Most alcoholic beverages contain all 13 minerals necessary to sustain human life.
Do Alcoholic Drinks Really Contain All Essential Minerals?
You've probably seen this fact shared as a humorous justification for drinking: "Most alcoholic beverages contain all 13 minerals necessary to sustain human life." It sounds impressive, and technically, there's a kernel of truth buried in there. But like many internet factoids, the reality is far more nuanced than the headline suggests.
The Grain of Truth
Alcoholic beverages—particularly beer and wine—do contain minerals. Beer picks up calcium, magnesium, phosphorus, and selenium from the malted barley used in brewing. Wine absorbs iron, copper, and potassium from grape skins and fermentation processes. Even spirits contain trace amounts of minerals from their base ingredients and water sources.

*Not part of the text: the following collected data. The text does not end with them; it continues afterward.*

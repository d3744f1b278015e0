-- ===== src/Oprf/Register/Answers.antt =====
-- What an enrollment answers, and the path that is given for it later.
use crisp_qes.Common.{
  ℕ, zero, suc, ◌/◌, ◌<◌, ◌≡◌, refl, sym, ap, ◌∙◌, true, false, none, some, List, [], ◌∷◌, String,
  ◌==◌, Result, ok, fail, >>=-eq-fail, Bool-cases, inl, inr, arith, get_or, ok-injective,
}
use crisp_qes.Common.Text.{Text, hex_value, hex_to_bigint}
use crisp_qes.Common.Text.Hex.{bigint_to_hex32, from_hex}
use crisp_qes.Tree.{compute_root}
use crisp_qes.MerkleIndex.{MerkleIndex, AppendResult, InclusionResult, append}
use crisp_qes.MerkleIndex.Laws.{Appends, append_inv, proof_at-compute_root}
use crisp_qes.Oprf.Store.{has, count, kv_set, all_in_order, leaf_index_for}
use crisp_qes.Oprf.Store.Enrolled.{leaf_index_for-all_in_order}
use crisp_qes.Oprf.Service.{
  Clock, RegisterRequest, RootUpdate, Payload, Reply, State, reply_with, hex32, string_field,
  commitment_from_oprf_output,
}
use crisp_qes.Oprf.Service.Gates.{string_field_refused}
use crisp_qes.Oprf.Register.{
  RegisterBody, Outcome, row_of, parse_register, commitments_to_leaves, attest, persist, commit,
  enroll, enroll_parsed, register, enrollment_path,
}
use crisp_qes.Oprf.Register.Consistent.{
  IsConsistent, leaves_of, count-leaves, extended-IsConsistent,
}

get_or-leaves :
    (cs : List Text) (i : ℕ)
    → get_or (commitments_to_leaves cs) i 0 ≡ hex_to_bigint (get_or cs i [])
unfolding hex_value
get_or-leaves [] i = refl
get_or-leaves (c ∷ cs) zero = refl
get_or-leaves (c ∷ cs) (suc i) = get_or-leaves cs i

parse_register_refused :
    (req : RegisterRequest) (r : Reply) → parse_register req ≡ fail r → r.code ≡ 400
parse_register_refused req r h = elim (>>=-eq-fail (string_field hex32 req.commitment) _ h) [
  | inl e ↦ string_field_refused hex32 req.commitment r e
  | inr (_, _, h₁) ↦ elim (>>=-eq-fail (string_field hex32 req.blinded_input_used) _ h₁) [
    | inl e ↦ string_field_refused hex32 req.blinded_input_used r e
    | inr (_, _, h₂) ↦ elim (>>=-eq-fail (string_field hex32 req.unblinded_output) _ h₂) [
      | inl e ↦ string_field_refused hex32 req.unblinded_output r e
      | inr (_, _, h₃) ↦ cc
    ]
  ]
]

module _ (bb : List (List ℕ) → ℕ → List ℕ) where
  -- The path route answers 404 for a commitment that is not enrolled; for one that is, 200 with its
  -- leaf index and a path that takes its leaf to the root of the tree.
  pub enrollment_path-compute_root :
      (st : State) (c : Text)
      → IsConsistent bb st
      → hex32 c ≡ true
      → (leaf_index_for st.store c ≡ none
          → enrollment_path bb st c ≡ ok (reply_with 404 (Payload.not_enrolled c)))
        × ((i : ℕ)
            → leaf_index_for st.store c ≡ some i
            → (r : InclusionResult) × (enrollment_path bb st c
                ≡ ok (reply_with 200 (Payload.path_found r)))
              × (r.leaf_index ≡ i)
              × (r.root ≡ st.merkle.root)
              × (compute_root bb (hex_to_bigint c) r.path r.indices ≡ ok r.root))
  unfolding enrollment_path
  enrollment_path-compute_root st c h valid = (
    λ missing. rw (valid, missing) refl,
    λ i found.
        let (lt, at) = leaf_index_for-all_in_order st.store c i h.dense found in
        let (answers, _) = proof_at-compute_root bb (leaves_of bb st.store) st.merkle i h.index in
        let (r, proved, index, root, walked) =
          answers (omega (arith, count-leaves bb st.store h.dense)) in
        let leaf : get_or (leaves_of bb st.store) i 0 ≡ hex_to_bigint c =
          get_or-leaves (all_in_order st.store) i ∙ ap hex_to_bigint at in
        (r, rw (valid, found, proved) refl, index, root, rw leaf at walked),
  )

  -- What an enrollment of `c`, answered with `r` and `signed`, has done.
  pub record Enrolls (st st' : State) (c : Text) (r : AppendResult) (signed : RootUpdate)
      : Type 0 where
    pub fresh : has st.store c ≡ false
    pub position : r.leaf_index ≡ count st.store
    pub old_root : signed.old_root ≡ st.merkle.root
    pub new_root : signed.new_root ≡ st'.merkle.root
    pub commitments : signed.new_commitments ≡ hex_to_bigint c ∷ []
    pub walked : compute_root bb (hex_to_bigint c) r.path r.indices ≡ ok st'.merkle.root
    pub stored : leaf_index_for st'.store c ≡ some r.leaf_index

  -- A reply of status 200 says what the enrollment of `c` has done.
  abbrev pub IsAnswered : State → Text → Outcome → Type 0
  IsAnswered st c out =
      (reply : Reply)
      → out.0 ≡ ok reply
      → reply.code ≡ 200
      → (r : AppendResult) × (signed : RootUpdate) × (reply
          ≡ reply_with 200 (Payload.registered r signed c))
        × Enrolls st out.1 c r signed

  -- Other replies have other statuses.
  refused :
      (st st' : State) (code : ℕ) (payload : Payload) (reply : Reply)
      → ◌≡◌ {A = Result String Reply} (ok (reply_with code payload)) (ok reply)
      → reply.code ≡ 200
      → 200 < code
      → ⊥
  refused st st' code payload reply h accepted lt =
      let e : code ≡ reply.code = ap (λ (q : Reply). q.code) (ok-injective h) in
      omega (arith, e, accepted)

  attest-IsAnswered :
      (st st' : State) (c : Text) (r : AppendResult) (root : Result String Text)
      → has st.store c ≡ false
      → Appends bb (leaves_of bb st.store) (hex_to_bigint c) st.merkle st'.merkle r
      → r.leaf_index ≡ count st.store
      → leaf_index_for st'.store c ≡ some r.leaf_index
      → IsAnswered st c (attest bb st' c r root)
  unfolding attest kv_set leaf_index_for
  attest-IsAnswered st st' c r (fail e) free a position found reply h accepted = cc
  attest-IsAnswered st st' c r (ok root) free a position found reply h accepted =
      let signed : RootUpdate = record {
        old_root = r.old_root;
        new_root = r.new_root;
        new_commitments = hex_to_bigint c ∷ [];
      } in
      (
        r,
        signed,
        sym (ok-injective h),
        record {
          fresh = free;
          position = position;
          old_root = a.old_root;
          new_root = a.new_root;
          commitments = refl;
          walked = a.walked ∙ ap ok a.new_root;
          stored = found;
        },
      )

  commit-IsAnswered :
      (st : State) (clock : Clock) (body : RegisterBody)
      → IsConsistent bb st
      → has st.store body.commitment ≡ false
      → (m : Result String (MerkleIndex × AppendResult))
      → append bb st.merkle (hex_to_bigint body.commitment) ≡ m
      → IsAnswered st body.commitment (commit bb st clock body m)
  unfolding commit persist
  commit-IsAnswered st clock body h free (fail e) e' = λ reply k accepted. cc
  commit-IsAnswered st clock body h free (ok (merkle, r)) e =
      let a =
        append_inv bb (leaves_of bb st.store) (hex_to_bigint body.commitment) st.merkle merkle r
          h.index e in
      let (inserted, h', found) =
        extended-IsConsistent bb st merkle (row_of body r.leaf_index (clock.ms / 1000)) r h a refl
          free in
      let position = a.leaf_index ∙ count-leaves bb st.store h.dense in
      rw inserted (
        attest-IsAnswered st _ body.commitment r (bigint_to_hex32 r.new_root) free a position found)

  -- An answered request has a body, whose commitment is derived from its output and is the one that
  -- the reply names and that has been enrolled.
  abbrev pub EnrollsDerived : RegisterRequest → Reply → State → State → Type 0
  EnrollsDerived req reply st st' =
      (body : RegisterBody) × (parse_register req ≡ ok body)
      × (commitment_from_oprf_output bb (from_hex body.unblinded_output)
          ≡ ok (hex_to_bigint body.commitment))
      × (r : AppendResult) × (signed : RootUpdate) × (reply
          ≡ reply_with 200 (Payload.registered r signed body.commitment))
      × Enrolls st st' body.commitment r signed

  -- If `POST /oprf/register` on a consistent state answers 200, then the commitment in the body is
  -- the one derived from the body's output, and the reply names it; it was new and is now enrolled at
  -- the next leaf index, the attester was given the roots of the tree before and after and this
  -- commitment alone, and the path in the reply takes the commitment to the new root.
  pub register-IsAnswered :
      (st : State) (clock : Clock) (req : RegisterRequest) (reply : Reply)
      → IsConsistent bb st
      → (register bb st clock req).0 ≡ ok reply
      → reply.code ≡ 200
      → EnrollsDerived req reply st (register bb st clock req).1
  unfolding register
  register-IsAnswered st clock req reply h = parsed (parse_register req) refl
    where
      checked :
          (body : RegisterBody) (derived : Result String ℕ)
          → (enroll bb st clock body derived).0 ≡ ok reply
          → reply.code ≡ 200
          → (derived ≡ ok (hex_to_bigint body.commitment))
            × ((r : AppendResult) × (signed : RootUpdate) × (reply
                  ≡ reply_with 200 (Payload.registered r signed body.commitment))
                × Enrolls st (enroll bb st clock body derived).1 body.commitment r signed)
      checked body (fail e) = unfold enroll in λ k accepted. cc
      checked body (ok expected) = elim (Bool-cases (expected == hex_to_bigint body.commitment)) [
        | inr differs ↦
            unfold enroll in
            (rw differs λ k accepted.
              absurd (refused st st 400 Payload.commitment_mismatch reply k accepted (omega arith)))
        | inl same ↦ elim (Bool-cases (has st.store body.commitment)) [
          | inl taken ↦
              unfold enroll in
              (rw (same, taken)
                λ k accepted. absurd (
                  refused st st 409 (Payload.already_enrolled body.commitment) reply k accepted
                    (omega arith)))
          | inr free ↦
              let e : expected ≡ hex_to_bigint body.commitment = ground arith in
              unfold enroll in
              (rw (same, free)
                λ k accepted.
                  (ap ok e, commit-IsAnswered st clock body h free _ refl reply k accepted))
        ]
      ]

      parsed :
          (p : Result Reply RegisterBody)
          → parse_register req ≡ p
          → (enroll_parsed bb st clock p).0 ≡ ok reply
          → reply.code ≡ 200
          → EnrollsDerived req reply st (enroll_parsed bb st clock p).1
      parsed (fail r) e k accepted =
          let code = parse_register_refused req r e in
          let same : r ≡ reply = ok-injective k in
          absurd (omega (arith, code, ap (λ (q : Reply). q.code) same, accepted))
      parsed (ok body) e k accepted =
          let (derived, (r, signed, named, enrolls)) =
            checked body (commitment_from_oprf_output bb (from_hex body.unblinded_output)) k
              accepted in
          (body, e, derived, r, signed, named, enrolls)
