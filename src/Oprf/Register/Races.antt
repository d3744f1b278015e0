-- ===== src/Oprf/Register/Races.antt =====
-- `POST /oprf/register` of packages/oprf/src/app.ts, when two requests overlap: `append` of
-- packages/oprf/src/merkle.ts reads the leaves before it awaits the hashes, and stores the tree after.
use crisp_qes.Common.{
  ℕ, ◌/◌, ◌≡◌, refl, sym, ap, ◌∙◌, true, false, none, List, [], ◌∷◌, ◌++◌, any, String, Result, ok,
  fail, arith, get_or,
}
use crisp_qes.Common.Text.{Text, hex_to_bigint}
use crisp_qes.MerkleIndex.{MerkleIndex, AppendResult, append}
use crisp_qes.MerkleIndex.Laws.{Appends, append_inv, IsIndexOf-leaves}
use crisp_qes.Oprf.Store.{EnrolledRow, collides, has, insert, count, kv_set}
use crisp_qes.Oprf.Store.Enrolled.{extended}
use crisp_qes.Oprf.Service.{Clock, Payload, State, reply_with}
use crisp_qes.Oprf.Register.{RegisterBody, Outcome, row_of, attest, persist, commit}
use crisp_qes.Oprf.Register.Consistent.{
  IsConsistent, leaves_of, count-leaves, extended-IsConsistent,
}

-- A row with the leaf index of the last one collides.
collides-last :
    (rows : List EnrolledRow) (row last : EnrolledRow)
    → last.leaf_index ≡ row.leaf_index
    → any (collides row) (rows ++ last ∷ []) ≡ true
collides-last [] row last e = ground (arith, e)
collides-last (r ∷ rows) row last e =
    let rest = collides-last rows row last e in ground (arith, rest)

module _ (bb : List (List ℕ) → ℕ → List ℕ) where
  attest-enrolled :
      (st : State) (c : Text) (r : AppendResult) (root : Result String Text)
      → (attest bb st c r root).1.store.enrolled ≡ st.store.enrolled
  unfolding attest kv_set
  attest-enrolled st c r (ok root) = refl
  attest-enrolled st c r (fail e) = refl

  -- Once a request with a new commitment has its append, its row is the last one of the store.
  commit-enrolled :
      (st : State) (clock : Clock) (body : RegisterBody) (merkle : MerkleIndex) (r : AppendResult)
      → IsConsistent bb st
      → has st.store body.commitment ≡ false
      → Appends bb (leaves_of bb st.store) (hex_to_bigint body.commitment) st.merkle merkle r
      → (commit bb st clock body (ok (merkle, r))).1.store.enrolled
        ≡ st.store.enrolled ++ row_of body r.leaf_index (clock.ms / 1000) ∷ []
  commit-enrolled st clock body merkle r c free a =
      let row = row_of body r.leaf_index (clock.ms / 1000) in
      let (inserted, _, _) = extended-IsConsistent bb st merkle row r c a refl free in
      unfold commit persist in
      (rw inserted (
        attest-enrolled (record { store = extended st.store row; merkle = merkle }) body.commitment
          r _))

  -- Two requests whose appends both read the tree of `st`: the first is done before the second
  -- stores its tree.
  abbrev pub overlap : State → Clock → RegisterBody → Clock → RegisterBody → Outcome
  overlap st clock_a a clock_b b =
      commit bb (commit bb st clock_a a (append bb st.merkle (hex_to_bigint a.commitment))).1
        clock_b b (append bb st.merkle (hex_to_bigint b.commitment))

  commit_refused :
      (st : State) (clock : Clock) (body : RegisterBody) (merkle : MerkleIndex) (r : AppendResult)
      → insert st.store (row_of body r.leaf_index (clock.ms / 1000)) ≡ none
      → commit bb st clock body (ok (merkle, r)) ≡ (
        ok (reply_with 409 (Payload.already_enrolled body.commitment)),
        record { store = st.store; merkle = merkle },
      )
  unfolding commit persist
  commit_refused st clock body merkle r refused = rw refused refl

  -- If two requests overlap on a consistent state, the first with a new commitment, and both appends
  -- succeed, then the second is answered 409 whatever its commitment is, the store has the row of the
  -- first and none of the second, and the tree has the leaf of the second in the place of the first.
  pub overlap-leaves_of :
      (st : State) (clock_a clock_b : Clock) (a b : RegisterBody) (merkle_a merkle_b : MerkleIndex)
      (r_a r_b : AppendResult)
      → IsConsistent bb st
      → has st.store a.commitment ≡ false
      → append bb st.merkle (hex_to_bigint a.commitment) ≡ ok (merkle_a, r_a)
      → append bb st.merkle (hex_to_bigint b.commitment) ≡ ok (merkle_b, r_b)
      → ((overlap st clock_a a clock_b b).0
          ≡ ok (reply_with 409 (Payload.already_enrolled b.commitment)))
        × ((overlap st clock_a a clock_b b).1.store.enrolled
            ≡ st.store.enrolled ++ row_of a (count st.store) (clock_a.ms / 1000) ∷ [])
        × (get_or (overlap st clock_a a clock_b b).1.merkle.layers 0 []
            ≡ leaves_of bb st.store ++ hex_to_bigint b.commitment ∷ [])
  overlap-leaves_of st clock_a clock_b a b merkle_a merkle_b r_a r_b c free e_a e_b =
      let leaves = leaves_of bb st.store in
      let leaf_b = hex_to_bigint b.commitment in
      let first =
        append_inv bb leaves (hex_to_bigint a.commitment) st.merkle merkle_a r_a c.index e_a in
      let second = append_inv bb leaves leaf_b st.merkle merkle_b r_b c.index e_b in
      let row_a = row_of a r_a.leaf_index (clock_a.ms / 1000) in
      let row_b = row_of b r_b.leaf_index (clock_b.ms / 1000) in
      let st' : State = (commit bb st clock_a a (ok (merkle_a, r_a))).1 in
      let enrolled = commit-enrolled st clock_a a merkle_a r_a c free first in
      let collision =
        collides-last st.store.enrolled row_b row_a (first.leaf_index ∙ sym second.leaf_index) in
      let refused : insert st'.store row_b ≡ none =
        unfold insert in (rw (enrolled, collision) refl) in
      let position : r_a.leaf_index ≡ count st.store =
        first.leaf_index ∙ count-leaves bb st.store c.dense in
      rw (e_a, e_b, commit_refused st' clock_b b merkle_b r_b refused)
        (
          refl,
          enrolled ∙ ap (λ i. st.store.enrolled ++ row_of a i (clock_a.ms / 1000) ∷ []) position,
          IsIndexOf-leaves bb (leaves ++ leaf_b ∷ []) merkle_b second.index,
        )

Research confirms that you can detect minerals like calcium, chloride, chromium, copper, iodine, iron, magnesium, manganese, phosphorus, potassium, selenium, sodium, and zinc in various alcoholic drinks. So yes, they're present. Case closed, right?
Not So Fast
Here's where the claim falls apart. First, modern nutritional science doesn't recognize exactly "13 minerals necessary to sustain human life." The actual list includes 15-16 essential minerals depending on the classification system: calcium, phosphorus, magnesium, sodium, potassium, chloride, sulfur, iron, zinc, copper, manganese, iodine, selenium, chromium, molybdenum, and possibly fluoride.
Second, and more importantly, presence doesn't equal adequacy. A 2018 study in the European Food Research and Technology journal found that while beer contains calcium ions, it's a poor source of chlorides, potassium, and phosphorus relative to daily requirements. You'd need to drink dangerous quantities to meet your mineral needs.
The Nutritional Reality
Alcohol actually interferes with nutrient absorption. It can block the body's ability to absorb vitamins and minerals from other foods, and heavy drinking depletes essential nutrients like thiamine, folate, and magnesium. The National Center for Biotechnology Information confirms that alcohol is devoid of protein and provides no essential nutrients that the body actually requires for metabolism.
In other words, relying on alcoholic beverages for minerals is like trying to hydrate yourself with seawater because it contains water. The accompanying problems far outweigh any theoretical benefits.
Why This Myth Persists
This "fact" is typically shared as a joke—a tongue-in-cheek rationalization for having a beer. And that's fine! The problem arises when people mistake the humor for genuine nutritional advice. The truth is less catchy but more accurate: alcoholic beverages contain traces of many minerals, but not in amounts that make them a legitimate nutritional source.
If you're looking to meet your mineral requirements, you're better off with a balanced diet rich in vegetables, whole grains, lean proteins, and dairy. And if you choose to drink, do it because you enjoy it—not because you've convinced yourself it's health food.